#### Requirement
Work through the data below line by line and say how many lines hold "asked"; give only the number.
Input data: Begin
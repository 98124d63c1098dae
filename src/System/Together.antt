-- ===== src/System/Together.antt =====
-- Clients that acquire a network of one name in the course of time are on one network.
use vmnet_broker.Base.{ℕ, ◌+◌, ◌<◌, ◌≡◌, some, lookup, count, CString, arith}
use vmnet_broker.Machine.{Ptr, Network, Context, State, CoreFoundation, Outcomes}
use vmnet_broker.Machine.Returns.{Returns}
use vmnet_broker.Network.Ownership.{owned}
use vmnet_broker.Xpc.{Request}
use vmnet_broker.Broker.{on_peer_request}
use vmnet_broker.Broker.Requests.{IsAcquire, IsServable}
use vmnet_broker.Broker.Sharing.{IsAnsweredWith}
use vmnet_broker.System.{Peers}
use vmnet_broker.System.Safety.{Reach}
use vmnet_broker.System.Later.{idle_timeout, Later, Reach-Later}
use vmnet_broker.System.Grace.{held-Survives}
use vmnet_broker.System.Sharing.{connected_peer_shares}

-- While less than the idle timeout has passed since an open connection held a network, a
-- request of any open connection for its name is answered with the serialization that it had
-- then, whatever happened in between, even if its holders are gone. The request can be served;
-- the answer is sent if the event has a return address.
pub latecomer_shares :
    {cf : CoreFoundation} {peers peers' : Peers} {s s' : State} (reach : Reach cf peers s) (c : ℕ)
    (holder : Context) (p : Ptr) (n : Network) (x : ℕ) (name : CString)
    → lookup c peers ≡ some holder
    → 0 < count p (owned holder)
    → s.heap p ≡ some n
    → n.name ≡ some name
    → n.serialization ≡ some x
    → Later cf peers s peers' s'
    → s'.now < s.now + idle_timeout
    → (out : Outcomes) (d : ℕ) (ctx : Context) (event : Request) → lookup d peers' ≡ some ctx
    → IsAcquire event name
    → IsServable cf out event s'
    → Returns (λ ctx' s''. IsAnsweredWith event ctx x s' s'') (on_peer_request cf out ctx event s')
latecomer_shares reach c holder p n x name held mine at named serialized l soon out d ctx event
      found asked can =
    let (m, at', (n', there, name', _, x')) = held-Survives reach c holder p held mine l soon in
    let same : m ≡ n = ground (arith, at', at) in
    connected_peer_shares (Reach-Later reach l) out d ctx event name p n' x found asked can there
      (ground (arith, name', same, named)) (ground (arith, x', same, serialized))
Input data: End
#### Answer to this problem
2